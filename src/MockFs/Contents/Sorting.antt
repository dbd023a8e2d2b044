-- ===== src/MockFs/Contents/Sorting.antt =====
-- providers/mock.rs: the order in which `children` lists its entries.
use mathlib.Core.List.{Perm}
use mathlib.Core.List.Perm
use research_ssh_next.Prelude.{
  ℕ, ◌<◌, Text, true, false, ◌≡◌, ◌≢◌, refl, ap, ◌⊎◌, inl, inr, ◌↔◌, List, [], ◌∷◌, ◌++◌, All,
  Bool-cases, ltb, arith,
}
use research_ssh_next.Fs.{FileKind, FileEntry}
use research_ssh_next.MockFs.Listing.{is_directory, text_le, entry_le, insert_entry, sort_entries}

-- `s` is not after `t` in the order of a dictionary: it is a beginning of `t`, or the first difference
-- of the two is smaller in `s`.
abbrev pub NotAfter : Text → Text → Type 0
NotAfter s t =
    ((r : Text) × (t ≡ s ++ r))
    ⊎ ((p : Text) × (c : ℕ) × (d : ℕ) × (x : Text) × (y : Text) × (s ≡ p ++ c ∷ x)
        × (t ≡ p ++ d ∷ y)
        × (c < d))

-- Directories come before all else, and entries of one sort in the order of their names.
pub data Precedes : FileEntry → FileEntry → Type 0 where
  by_sort :
      {a b : FileEntry} → a.kind ≡ FileKind.directory → b.kind ≢ FileKind.directory → Precedes a b
  by_name :
      {a b : FileEntry}
      → (a.kind ≡ FileKind.directory) ↔ (b.kind ≡ FileKind.directory)
      → NotAfter a.name b.name
      → Precedes a b

-- Every entry precedes all that follow it.
abbrev pub IsSorted : List FileEntry → Type 0
IsSorted [] = Unit {0}
IsSorted (e ∷ es) = All (Precedes e) es × IsSorted es

-- Sorted by the comparison that the code makes.
abbrev IsOrdered : List FileEntry → Type 0
IsOrdered [] = Unit {0}
IsOrdered (e ∷ es) = All (λ x. entry_le e x ≡ true) es × IsOrdered es

after_head : (c : ℕ) (s t : Text) → NotAfter s t → NotAfter (c ∷ s) (c ∷ t)
after_head c s t (inl (r, e)) = inl (r, ap (λ u. c ∷ u) e)
after_head c s t (inr (p, k, d, x, y, e, e', lt)) =
    inr (c ∷ p, k, d, x, y, ap (λ u. c ∷ u) e, ap (λ u. c ∷ u) e', lt)

text_le-NotAfter : (s t : Text) → text_le s t ≡ true → NotAfter s t
unfolding text_le
text_le-NotAfter [] t h = inl (t, refl)
text_le-NotAfter (c ∷ s) [] h = cc
text_le-NotAfter (c ∷ s) (d ∷ t) h = elim (Bool-cases (ltb c d)) [
  | inl lt ↦ inr ([], c, d, s, t, refl, refl, ground arith)
  | inr ge ↦
      let same : d ≡ c = ground arith in
      let rest : text_le s t ≡ true = ground arith in
      rw same (after_head c s t (text_le-NotAfter s t rest))
]

is_directory_iff : (k : FileKind) → (is_directory k ≡ true) ↔ (k ≡ FileKind.directory)
unfolding is_directory
is_directory_iff FileKind.directory = (λ h. refl, λ h. refl)
is_directory_iff FileKind.file = (λ h. cc, λ h. cc)
is_directory_iff FileKind.symlink = (λ h. cc, λ h. cc)
is_directory_iff FileKind.other = (λ h. cc, λ h. cc)

entry_le-Precedes : (a b : FileEntry) → entry_le a b ≡ true → Precedes a b
unfolding entry_le
entry_le-Precedes a b h =
    let da = is_directory_iff a.kind in
    let db = is_directory_iff b.kind in
    elim (Bool-cases (is_directory a.kind)) [
      | inl x ↦ elim (Bool-cases (is_directory b.kind)) [
        | inl y ↦ by_name (ground arith) (text_le-NotAfter a.name b.name (rw (entry_le, x, y) at h))
        | inr y ↦ by_sort (da.0 x) (ground arith)
      ]
      | inr x ↦ elim (Bool-cases (is_directory b.kind)) [
        | inl y ↦ (let bad = rw (entry_le, x, y) at h in cc)
        | inr y ↦ by_name (ground arith) (text_le-NotAfter a.name b.name (rw (entry_le, x, y) at h))
      ]
    ]

All-Precedes :
    (a : FileEntry) (es : List FileEntry) → All (λ x. entry_le a x ≡ true) es → All (Precedes a) es
All-Precedes a [] h = tt
All-Precedes a (e ∷ es) h = (entry_le-Precedes a e h.0, All-Precedes a es h.1)

IsOrdered-IsSorted : (es : List FileEntry) → IsOrdered es → IsSorted es
IsOrdered-IsSorted [] h = tt
IsOrdered-IsSorted (e ∷ es) h = (All-Precedes e es h.0, IsOrdered-IsSorted es h.1)

text_le_total : (s t : Text) → text_le s t ≡ false → text_le t s ≡ true
unfolding text_le
text_le_total [] t h = cc
text_le_total (c ∷ s) [] h = refl
text_le_total (c ∷ s) (d ∷ t) h = ground (arith, text_le_total s t)

text_le_trans : (s t u : Text) → text_le s t ≡ true → text_le t u ≡ true → text_le s u ≡ true
unfolding text_le
text_le_trans [] t u h k = refl
text_le_trans (c ∷ s) [] u h k = cc
text_le_trans (c ∷ s) (d ∷ t) [] h k = cc
text_le_trans (c ∷ s) (d ∷ t) (e ∷ u) h k = ground (arith, text_le_trans s t u)

entry_le_total : (a b : FileEntry) → entry_le a b ≡ false → entry_le b a ≡ true
unfolding entry_le
entry_le_total a b h = ground (arith, text_le_total a.name b.name)

pub entry_le_trans :
    (a b c : FileEntry) → entry_le a b ≡ true → entry_le b c ≡ true → entry_le a c ≡ true
unfolding entry_le
entry_le_trans a b c h k = ground (arith, text_le_trans a.name b.name c.name)

All-entry_le :
    (a b : FileEntry) (es : List FileEntry)
    → entry_le a b ≡ true
    → All (λ x. entry_le b x ≡ true) es
    → All (λ x. entry_le a x ≡ true) es
All-entry_le a b [] h k = tt
All-entry_le a b (e ∷ es) h k = (entry_le_trans a b e h k.0, All-entry_le a b es h k.1)

All-insert_entry {κ} :
    (P : FileEntry → Type κ) (e : FileEntry) (es : List FileEntry)
    → P e
    → All P es
    → All P (insert_entry e es)
unfolding insert_entry
All-insert_entry P e [] h k = (h, k)
All-insert_entry P e (x ∷ xs) h k = elim (Bool-cases (entry_le e x)) [
  | inl le ↦ rw le (h, k)
  | inr gt ↦ rw gt (k.0, All-insert_entry P e xs h k.1)
]

insert_entry-IsOrdered :
    (e : FileEntry) (es : List FileEntry) → IsOrdered es → IsOrdered (insert_entry e es)
unfolding insert_entry
insert_entry-IsOrdered e [] s = (tt, tt)
insert_entry-IsOrdered e (x ∷ xs) s = elim (Bool-cases (entry_le e x)) [
  | inl le ↦ rw le ((le, All-entry_le e x xs le s.0), s)
  | inr gt ↦ rw gt (
    All-insert_entry (λ y. entry_le x y ≡ true) e xs (entry_le_total e x gt) s.0,
    insert_entry-IsOrdered e xs s.1,
  )
]

insert_entry-perm : (e : FileEntry) (es : List FileEntry) → Perm (insert_entry e es) (e ∷ es)
unfolding insert_entry
insert_entry-perm e [] = Perm.refl (e ∷ [])
insert_entry-perm e (x ∷ xs) = elim (Bool-cases (entry_le e x)) [
  | inl le ↦ rw le (Perm.refl (e ∷ x ∷ xs))
  | inr gt ↦ rw gt (Perm.trans (Perm.cons x (insert_entry-perm e xs)) (Perm.swap e x xs))
]

sort_entries-IsOrdered : (es : List FileEntry) → IsOrdered (sort_entries es)
unfolding sort_entries
sort_entries-IsOrdered [] = tt
sort_entries-IsOrdered (e ∷ es) = insert_entry-IsOrdered e _ (sort_entries-IsOrdered es)

pub sort_entries-perm : (es : List FileEntry) → Perm (sort_entries es) es
unfolding sort_entries
sort_entries-perm [] = Perm.refl []
sort_entries-perm (e ∷ es) = Perm.trans (insert_entry-perm e _) (Perm.cons e (sort_entries-perm es))

pub sort_entries-IsSorted : (es : List FileEntry) → IsSorted (sort_entries es)
sort_entries-IsSorted es = IsOrdered-IsSorted (sort_entries es) (sort_entries-IsOrdered es)
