-- ===== src/MockFs/Contents/Stable.antt =====
-- providers/mock.rs: the sort of `children` is stable, as that of `sort_by` is.
use research_ssh_next.Prelude.{
  Bool, ◌&&◌, ◌≡◌, refl, ap, ◌∙◌, inl, inr, List, [], ◌∷◌, Bool-cases, if◌then◌else◌, arith,
}
use research_ssh_next.Fs.{FileEntry}
use research_ssh_next.MockFs.Listing.{entry_le, insert_entry, sort_entries}
use research_ssh_next.MockFs.Contents.Sorting.{entry_le_trans}

-- Neither of the two has to stand before the other.
abbrev pub alike : FileEntry → FileEntry → Bool
alike a b = entry_le a b && entry_le b a

-- The entries that are alike to `a`, in their order.
unfoldable pub peers : FileEntry → List FileEntry → List FileEntry
peers a [] = []
peers a (e ∷ es) = if alike a e then e ∷ peers a es else peers a es

insert_entry-peers :
    (a e : FileEntry) (es : List FileEntry) → peers a (insert_entry e es) ≡ peers a (e ∷ es)
unfolding insert_entry peers
insert_entry-peers a e [] = refl
insert_entry-peers a e (x ∷ xs) = elim (Bool-cases (entry_le e x)) [
  | inl le ↦ rw le refl
  | inr gt ↦
      let ih = insert_entry-peers a e xs in
      let t = entry_le_trans e a x in rw gt (ground (arith, ih, t))
]

-- Sorting keeps the order of entries that are alike.
pub sort_entries-peers :
    (a : FileEntry) (es : List FileEntry) → peers a (sort_entries es) ≡ peers a es
unfolding sort_entries peers
sort_entries-peers a [] = refl
sort_entries-peers a (e ∷ es) =
    let ih = sort_entries-peers a es in
    insert_entry-peers a e (sort_entries es) ∙ ap (λ es. if alike a e then e ∷ es else es) ih
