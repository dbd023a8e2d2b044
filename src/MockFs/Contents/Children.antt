-- ===== src/MockFs/Contents/Children.antt =====
-- providers/mock.rs: what `children` lists.
use mathlib.Core.List.{Perm}
use research_ssh_next.Prelude.{
  Text, Bytes, true, false, ◌≡◌, ◌↔◌, ◌⊎◌, inl, inr, List, [], ◌∷◌, ◌++◌, none, some, Option-cases,
  Bool-cases, length, Dict, TextSet, lookup, contains, text_eq, text_eq_iff, strip_prefix-append,
  strip_prefix-eq-some, Unique, arith,
}
use research_ssh_next.Fs.{FileEntry}
use research_ssh_next.MockFs.Ops.{MockFs, dir_prefix}
use research_ssh_next.MockFs.Listing.{
  entry, is_child_name, child_name, child_dirs, child_files, entry_le, insert_entry, sort_entries,
  children,
}
use research_ssh_next.MockFs.Contents.Stable.{peers, sort_entries-peers}
use research_ssh_next.MockFs.Contents.Sorting.{IsSorted, sort_entries-IsSorted, sort_entries-perm}

-- `e` stands in the list.
abbrev pub In : FileEntry → List FileEntry → Type 0
In e [] = ⊥
In e (x ∷ xs) = (e ≡ x) ⊎ In e xs

-- `e` is the entry of a directory, or of a file, directly below the prefix.
abbrev pub IsChildDir : Text → TextSet → FileEntry → Type 0
IsChildDir prefix dirs e =
    (rest : Text) × (is_child_name rest ≡ true)
    × (contains (prefix ++ rest) dirs ≡ true)
    × (e ≡ entry (prefix ++ rest) rest true 0)

abbrev pub IsChildFile : Text → Dict Bytes → FileEntry → Type 0
IsChildFile prefix files e =
    (rest : Text) × (content : Bytes) × (is_child_name rest ≡ true)
    × (lookup (prefix ++ rest) files ≡ some content)
    × (e ≡ entry (prefix ++ rest) rest false (length content))

In-append : (e : FileEntry) (xs ys : List FileEntry) → In e (xs ++ ys) ↔ (In e xs ⊎ In e ys)
In-append e [] ys = (λ i. inr i, λ i. ground arith)
In-append e (x ∷ xs) ys = ground (arith, In-append e xs ys)

In-insert_entry :
    (e x : FileEntry) (xs : List FileEntry) → In e (insert_entry x xs) ↔ ((e ≡ x) ⊎ In e xs)
unfolding insert_entry
In-insert_entry e x [] = ground arith
In-insert_entry e x (y ∷ ys) = elim (Bool-cases (entry_le x y)) [
  | inl le ↦ rw le (ground arith)
  | inr gt ↦ rw gt (ground (arith, In-insert_entry e x ys))
]

In-sort_entries : (e : FileEntry) (xs : List FileEntry) → In e (sort_entries xs) ↔ In e xs
unfolding sort_entries
In-sort_entries e [] = ground arith
In-sort_entries e (x ∷ xs) =
    ground (arith, In-insert_entry e x (sort_entries xs), In-sort_entries e xs)

child_name-eq-some :
    (prefix path rest : Text)
    → child_name prefix path ≡ some rest
    → (path ≡ prefix ++ rest) × (is_child_name rest ≡ true)
unfolding child_name
child_name-eq-some prefix path rest h = ground (arith, strip_prefix-eq-some prefix path rest)

child_name-append :
    (prefix rest : Text)
    → is_child_name rest ≡ true
    → child_name prefix (prefix ++ rest) ≡ some rest
unfolding child_name
child_name-append prefix rest h = ground (arith, strip_prefix-append prefix rest)

module _ (prefix p : Text) (e : FileEntry) where
  IsChildFile-weaken :
      (c : Bytes) (files : Dict Bytes)
      → lookup p files ≡ none
      → IsChildFile prefix files e
      → IsChildFile prefix ((p, c) ∷ files) e
  unfolding lookup
  IsChildFile-weaken c files h (rest, content, ok, there, eq) =
      (rest, content, ok, ground (arith, text_eq_iff p (prefix ++ rest)), eq)

  IsChildDir-weaken :
      (u : Unit {0}) (dirs : TextSet)
      → IsChildDir prefix dirs e
      → IsChildDir prefix ((p, u) ∷ dirs) e
  unfolding contains
  IsChildDir-weaken u dirs (rest, ok, there, eq) = (rest, ok, unfold lookup in ground arith, eq)

In-child_files :
    (prefix : Text) (files : Dict Bytes) (e : FileEntry)
    → Unique files
    → In e (child_files prefix files)
    → IsChildFile prefix files e
unfolding child_files contains
In-child_files prefix [] e u i = absurd i
In-child_files prefix ((p, c) ∷ files) e u i =
    let ih = In-child_files prefix files e u.1 in
    elim (Option-cases (child_name prefix p)) [
      | inl miss ↦ IsChildFile-weaken prefix p e c files (ground arith) (ih (rw miss at i))
      | inr (rest, hit) ↦
          let (at, ok) = child_name-eq-some prefix p rest hit in
          let i' : (e ≡ entry p rest false (length c)) ⊎ In e (child_files prefix files) =
            rw hit at i in
          elim i' [
            | inl eq ↦ (
              rest,
              c,
              ok,
              unfold lookup in ground (arith, text_eq_iff p (prefix ++ rest)),
              ground arith,
            )
            | inr later ↦ IsChildFile-weaken prefix p e c files (ground arith) (ih later)
          ]
    ]

child_files-In :
    (prefix : Text) (files : Dict Bytes) (e : FileEntry)
    → IsChildFile prefix files e
    → In e (child_files prefix files)
unfolding child_files lookup
child_files-In prefix [] e (rest, content, ok, there, eq) = cc
child_files-In prefix ((p, c) ∷ files) e (rest, content, ok, there, eq) =
    elim (Bool-cases (text_eq p (prefix ++ rest))) [
      | inl same ↦ ground (arith, text_eq_iff p (prefix ++ rest), child_name-append prefix rest ok)
      | inr differs ↦
          let later = child_files-In prefix files e (rest, content, ok, ground arith, eq) in
          elim (Option-cases (child_name prefix p)) [
            | inl miss ↦ rw miss later
            | inr (_, hit) ↦ rw hit (inr later)
          ]
    ]

In-child_dirs :
    (prefix : Text) (dirs : TextSet) (e : FileEntry)
    → In e (child_dirs prefix dirs)
    → IsChildDir prefix dirs e
unfolding child_dirs
In-child_dirs prefix [] e i = absurd i
In-child_dirs prefix ((p, u) ∷ dirs) e i =
    let ih = In-child_dirs prefix dirs e in
    elim (Option-cases (child_name prefix p)) [
      | inl miss ↦ IsChildDir-weaken prefix p e u dirs (ih (rw miss at i))
      | inr (rest, hit) ↦
          let (at, ok) = child_name-eq-some prefix p rest hit in
          let i' : (e ≡ entry p rest true 0) ⊎ In e (child_dirs prefix dirs) = rw hit at i in
          elim i' [
            | inl eq ↦ (
              rest,
              ok,
              unfold lookup contains in ground (arith, text_eq_iff p (prefix ++ rest)),
              ground arith,
            )
            | inr later ↦ IsChildDir-weaken prefix p e u dirs (ih later)
          ]
    ]

child_dirs-In :
    (prefix : Text) (dirs : TextSet) (e : FileEntry)
    → IsChildDir prefix dirs e
    → In e (child_dirs prefix dirs)
unfolding child_dirs contains lookup
child_dirs-In prefix [] e (rest, ok, there, eq) = cc
child_dirs-In prefix ((p, u) ∷ dirs) e (rest, ok, there, eq) =
    elim (Bool-cases (text_eq p (prefix ++ rest))) [
      | inl same ↦ ground (arith, text_eq_iff p (prefix ++ rest), child_name-append prefix rest ok)
      | inr differs ↦
          let later = child_dirs-In prefix dirs e (rest, ok, ground arith, eq) in
          elim (Option-cases (child_name prefix p)) [
            | inl miss ↦ rw miss later
            | inr (_, hit) ↦ rw hit (inr later)
          ]
    ]

-- The listing of a directory holds an entry for each directory and each file directly below it, and
-- nothing else, provided that the map of files has one entry for each path.
pub In-children :
    (dir : Text) (fs : MockFs) (e : FileEntry)
    → Unique fs.files
    → In e (children dir fs)
      ↔ (IsChildDir (dir_prefix dir) fs.dirs e ⊎ IsChildFile (dir_prefix dir) fs.files e)
unfolding children
In-children dir fs e u =
    let prefix = dir_prefix dir in
    let ds = child_dirs prefix fs.dirs in
    let gs = child_files prefix fs.files in
    (
      λ i. elim ((In-append e ds gs).0 ((In-sort_entries e (ds ++ gs)).0 i)) [
        | inl d ↦ inl (In-child_dirs prefix fs.dirs e d)
        | inr f ↦ inr (In-child_files prefix fs.files e u f)
      ],
      λ c. (In-sort_entries e (ds ++ gs)).1 (
          (In-append e ds gs).1 (elim c [
            | inl d ↦ inl (child_dirs-In prefix fs.dirs e d)
            | inr f ↦ inr (child_files-In prefix fs.files e f)
          ])),
    )

-- The listing of a directory has every directory before every file, and within each sort the names in
-- the order of a dictionary; it is a rearrangement of what the two loops collect, and entries that
-- compare as equal keep the order in which they were collected.
pub children-IsSorted-perm :
    (dir : Text) (fs : MockFs) (a : FileEntry)
    → let collected =
        child_dirs (dir_prefix dir) fs.dirs ++ child_files (dir_prefix dir) fs.files in
      IsSorted (children dir fs)
      × Perm (children dir fs) collected
      × (peers a (children dir fs) ≡ peers a collected)
unfolding children
children-IsSorted-perm dir fs a =
    let collected = child_dirs (dir_prefix dir) fs.dirs ++ child_files (dir_prefix dir) fs.files in
    (sort_entries-IsSorted collected, sort_entries-perm collected, sort_entries-peers a collected)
---
Within the listing above, locate the line containing "e xs h k.1)" and the line containing "insert_entry-IsOrdered e [] s = (tt, tt)". Reproduce those two lines and all lines between them exactly, with nothing added.

**Final answer**
  | inr gt ↦ rw gt (k.0, All-insert_entry P e xs h k.1)
]

insert_entry-IsOrdered :
    (e : FileEntry) (es : List FileEntry) → IsOrdered es → IsOrdered (insert_entry e es)
unfolding insert_entry
insert_entry-IsOrdered e [] s = (tt, tt)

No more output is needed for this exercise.